What exactly is page locked memory? I understand it has higher bandwidth on the bus between CPU and GPU, resides on the host’s DRAM, and can be portable across CUDA contexts. But why not just use GPU memory directly? I’d much rather use GDDR3 any day, unless I know of the benefits of pinned memory on the host. So…
(1) what is it?
(2) why use it?
(3) when should i NOT use it?
From what I gather, Pinned memory is great if you are going to be copying data back and forth between the CPU and GPU quite often but may not be that beneficial if you’re not doing many transfers…
There is some confusion in this statement between page-locked memory and the zero-copy features of CUDA 2.2.
Page-locked memory by itself is only directly accessible to the host, but as the above post mentions, data can be copied between the page-locked memory and the GPU without an intermediate copy by the driver. With the exception of Core i7, there is generally a factor of two speed improvement on most systems in GPU memory transfer to/from page-locked host memory. (Triple channel Core i7 systems have so much memory bandwidth that there is almost no speed difference, amazingly, between page-locked and pageable memory.)
My general philosophy is to use page-locked host memory if I need to transfer anything to the GPU multiple times. The only reason not to use page-locked memory is if you don’t have control over memory allocation of the buffer (you have to use cudaMallocHost() to allocate page-locked memory) or if the size of your host buffer needs to be a significant fraction of the total memory in your computer. Page-locked memory cannot be swapped to disk (hence the name) and using too much of it reduces the amount of memory the OS has to devote to other tasks.

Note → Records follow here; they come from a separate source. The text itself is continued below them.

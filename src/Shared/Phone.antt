-- ===== src/Shared/Phone.antt =====
-- brazilian_phone.py of app/domain/shared/value_objects. The digits are those of `\D` and `int`: a
-- table from a code point to the digit that Unicode gives it. The properties `ddd` and `national`,
-- which only print, have no counterpart here.
pub mod Stored
use Prim.Native.Char.{Char, code}
use Prim.Native.String
use venue_backend.Common.{
  ℕ, ◌+◌, ◌*◌, String, Bool, true, false, not, ◌&&◌, ◌||◌, Option, none, some, List, [], ◌∷◌, ◌++◌,
  leb, ◌==◌, if◌then◌else◌, is_some, any, length,
}
use venue_backend.Shared.Result.{Result, success}
use venue_backend.Shared.Text.{every}
use venue_backend.Shared.Names.{is_letter}
use venue_backend.Shared.Values.{Raw, text, fail_with}

pub record BrazilianPhone : Type 0 where
  pub content : String
  pub is_mobile : Bool

-- `_VALID_DDDS`
abbrev pub valid_ddds : List ℕ
valid_ddds =
    11 ∷ 12 ∷ 13 ∷ 14 ∷ 15 ∷ 16 ∷ 17 ∷ 18 ∷ 19 ∷ 21 ∷ 22 ∷ 24 ∷ 27 ∷ 28 ∷ 31 ∷ 32 ∷ 33 ∷ 34 ∷ 35
    ∷ 37 ∷ 38 ∷ 41 ∷ 42 ∷ 43 ∷ 44 ∷ 45 ∷ 46 ∷ 47 ∷ 48 ∷ 49 ∷ 51 ∷ 53 ∷ 54 ∷ 55 ∷ 61 ∷ 62 ∷ 63 ∷ 64
    ∷ 65 ∷ 66 ∷ 67 ∷ 68 ∷ 69 ∷ 71 ∷ 73 ∷ 74 ∷ 75 ∷ 77 ∷ 79 ∷ 81 ∷ 82 ∷ 83 ∷ 84 ∷ 85 ∷ 86 ∷ 87 ∷ 88
    ∷ 89 ∷ 91 ∷ 92 ∷ 93 ∷ 94 ∷ 95 ∷ 96 ∷ 97 ∷ 98 ∷ 99 ∷ []

-- `_DIGITS_RE.sub("", raw)`, as the list of the characters that stay.
abbrev pub digits_of : (ℕ → Option ℕ) → String → List Char
digits_of digit String.[] = []
digits_of digit (String.◌∷◌ c s) =
    if is_some (digit (code c)) then c ∷ digits_of digit s else digits_of digit s

-- `if len(digits) in (12, 13) and digits.startswith("55"): digits = digits[2:]`
abbrev pub without_country : List Char → List Char
without_country (c ∷ d ∷ ds) =
    if (length ds == 10 || length ds == 11) && (code c == b'5' && code d == b'5')
    then ds
    else c ∷ d ∷ ds
without_country ds = ds

abbrev pub digit_or_zero : (ℕ → Option ℕ) → Char → ℕ
digit_or_zero digit c = elim (digit (code c)) [ none ↦ 0 | some n ↦ n ]

-- `int(digits[:2])` and `digits[2]`, of 10 or 11 digits.
abbrev pub ddd_of : (ℕ → Option ℕ) → List Char → ℕ
ddd_of digit (c ∷ d ∷ ds) = digit_or_zero digit c * 10 + digit_or_zero digit d
ddd_of digit _ = 0

abbrev pub third : List Char → ℕ
third (c ∷ d ∷ e ∷ ds) = code e
third _ = 0

abbrev pub join : List Char → String
join [] = String.[]
join (c ∷ cs) = String.◌∷◌ c (join cs)

-- `f"+55{digits}"`
abbrev pub international : List Char → String
international ds = String.◌∷◌ "+" (String.◌∷◌ "5" (String.◌∷◌ "5" (join ds)))

-- The checks on the digits without the code of the country.
unfoldable pub national_number : (ℕ → Option ℕ) → List Char → Result BrazilianPhone
national_number digit ds =
    if not (length ds == 10 || length ds == 11)
    then fail_with "PhoneInvalidLength"
    else if not (any (λ n. n == ddd_of digit ds) valid_ddds)
    then fail_with "PhoneInvalidDdd"
    else if length ds == 11 && not (third ds == b'9')
    then fail_with "PhoneMobileMustStartWith9"
    else if not (length ds == 11) && not (leb b'2' (third ds) && leb (third ds) b'7')
    then fail_with "PhoneLandlineMustStartWith2To7"
    else success (record { content = international ds; is_mobile = length ds == 11 })

unfoldable pub create_phone : (ℕ → Option ℕ) → Raw → Result BrazilianPhone
create_phone digit (text s) =
    let ds = digits_of digit s in
    if not (every (λ c. not (is_letter c)) s)
    then fail_with "PhoneContainsInvalidCharacters"
    else if length ds == 0
    then fail_with "PhoneHasNoDigits"
    else national_number digit (without_country ds)
create_phone digit _ = fail_with "PhoneCannotBeEmpty"
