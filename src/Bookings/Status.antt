-- ===== src/Bookings/Status.antt =====
-- booking_status.py, status_change.py and role.py
use venue_backend.Common.{ℕ, String, Bool, true, false, not, Option, none, some, ltb, if◌then◌else◌}
use venue_backend.Shared.Time.{DateTime, is_naive}
use venue_backend.Shared.Text.{size}
use venue_backend.Shared.Result.{Result, success}
use venue_backend.Shared.Values.{fail_with}

pub data Role : Type 0 where
  admin owner customer : Role

pub data BookingStatus : Type 0 where
  pending approved rejected cancelled expired : BookingStatus

abbrev pub is_pending : BookingStatus → Bool
is_pending pending = true
is_pending _ = false

abbrev pub is_approved : BookingStatus → Bool
is_approved approved = true
is_approved _ = false

-- `BookingStatus.is_active`
abbrev pub is_active : BookingStatus → Bool
is_active pending = true
is_active approved = true
is_active _ = false

-- `BookingStatus.is_terminal`
abbrev pub is_terminal : BookingStatus → Bool
is_terminal rejected = true
is_terminal cancelled = true
is_terminal expired = true
is_terminal _ = false

pub record StatusChange : Type 0 where
  pub from_status : BookingStatus
  pub to_status : BookingStatus
  pub actor_id : ℕ
  pub actor_role : Role
  pub at : DateTime
  pub reason : Option String

-- `_VALID_TRANSITIONS` and `_is_valid_transition`
unfoldable pub is_valid_transition : BookingStatus → BookingStatus → Bool
is_valid_transition pending approved = true
is_valid_transition pending rejected = true
is_valid_transition pending cancelled = true
is_valid_transition pending expired = true
is_valid_transition approved cancelled = true
is_valid_transition _ _ = false

-- `reason is not None and len(reason) > _REASON_MAX_LENGTH`
abbrev pub reason_too_long : Option String → Bool
reason_too_long none = false
reason_too_long (some s) = ltb 500 (size s)

-- `StatusChange.create`
unfoldable pub create_change :
    BookingStatus → BookingStatus → ℕ → Role → DateTime → Option String → Result StatusChange
create_change from to actor_id role at reason =
    if is_naive at.tzinfo
    then fail_with "StatusChangeAtNotTzAware"
    else if reason_too_long reason
    then fail_with "StatusChangeReasonTooLong"
    else if not (is_valid_transition from to)
    then fail_with "StatusChangeInvalidTransition"
    else success (record {
      from_status = from;
      to_status = to;
      actor_id = actor_id;
      actor_role = role;
      at = at;
      reason = reason;
    })
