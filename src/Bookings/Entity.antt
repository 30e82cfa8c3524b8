-- ===== src/Bookings/Entity.antt =====
-- booking.py. A method that mutates the entity returns the new entity, or its failure; the entity
-- is then as it was.
use venue_backend.Common.{ℕ, ◌/◌, String, Option, none, some, List, [], ◌∷◌, ◌++◌}
use venue_backend.Shared.Time.{DateTime}
use venue_backend.Shared.Result.{Result, success, ◌>>=◌}
use venue_backend.Shared.Values.{DateTimeRange, duration_minutes, Money, ShortDescription}
use venue_backend.Bookings.Status.{
  Role, owner, customer, BookingStatus, pending, approved, rejected, cancelled, expired,
  StatusChange, create_change,
}

-- `total_price_cents` may be `None` at run time: see `compute_price`.
pub record Booking : Type 0 where
  pub id : ℕ
  pub resource_id : ℕ
  pub customer_id : ℕ
  pub slot_range : DateTimeRange
  pub status : BookingStatus
  pub total_price_cents : Option Money
  pub customer_note : Option ShortDescription
  pub status_history : List StatusChange
  pub created_at : DateTime
  pub updated_at : DateTime

-- `id` is what `uuid4()` returns.
unfoldable pub create_pending :
    ℕ → ℕ → ℕ → DateTimeRange → Option Money → Option ShortDescription → DateTime → Booking
create_pending id resource_id customer_id slot_range price note now = record {
  id = id;
  resource_id = resource_id;
  customer_id = customer_id;
  slot_range = slot_range;
  status = pending;
  total_price_cents = price;
  customer_note = note;
  status_history = [];
  created_at = now;
  updated_at = now;
}

-- `slot_count`, of a duration that is not zero.
abbrev pub slot_count : Booking → ℕ → ℕ
slot_count b minutes = duration_minutes b.slot_range / minutes

-- `_transition`
unfoldable pub transition :
    Booking → BookingStatus → ℕ → Role → DateTime → Option String → Result Booking
transition b to_status actor_id role now reason =
    create_change b.status to_status actor_id role now reason >>= λ change. success (record b {
      status = to_status;
      status_history = b.status_history ++ change ∷ [];
      updated_at = now;
    })

abbrev pub approve : Booking → ℕ → DateTime → Result Booking
approve b actor_id now = transition b approved actor_id owner now none

abbrev pub reject : Booking → ℕ → DateTime → Option String → Result Booking
reject b actor_id now reason = transition b rejected actor_id owner now reason

abbrev pub cancel : Booking → ℕ → Role → DateTime → Option String → Result Booking
cancel b actor_id role now reason = transition b cancelled actor_id role now reason

abbrev pub expire : Booking → DateTime → Result Booking
expire b now =
    transition b expired b.customer_id customer now (some "slot_start_passed_with_no_decision")
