-- ===== src/Bookings.antt =====
-- The booking aggregate: app/domain/bookings and app/domain/accounts/role.py.
mod Status
mod Entity
pub mod Lifecycle
pub mod Life
unfoldable pub use Status.*
unfoldable pub use Entity.*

Zero-copy is an entirely new and different feature in CUDA 2.2. It lets you map a page-locked host buffer directly into the address space of the GPU, allowing you to perform CPU<->GPU transfers as needed while the kernel runs. The decision to use zero-copy memory depends a lot more on your algorithm specifics.
Also, page-locked memory is, by default, not portable between CUDA contexts. You can use it multiple host threads (with different contexts), but it will only be marked as page-locked in one that created it. In other contexts, it will be treated as pageable memory, triggering an unnecessary copy by the driver when used for GPU transfers. CUDA 2.2 also fixes this by allowing you to set a flag to allow all page-locked memory to be shared between OS threads.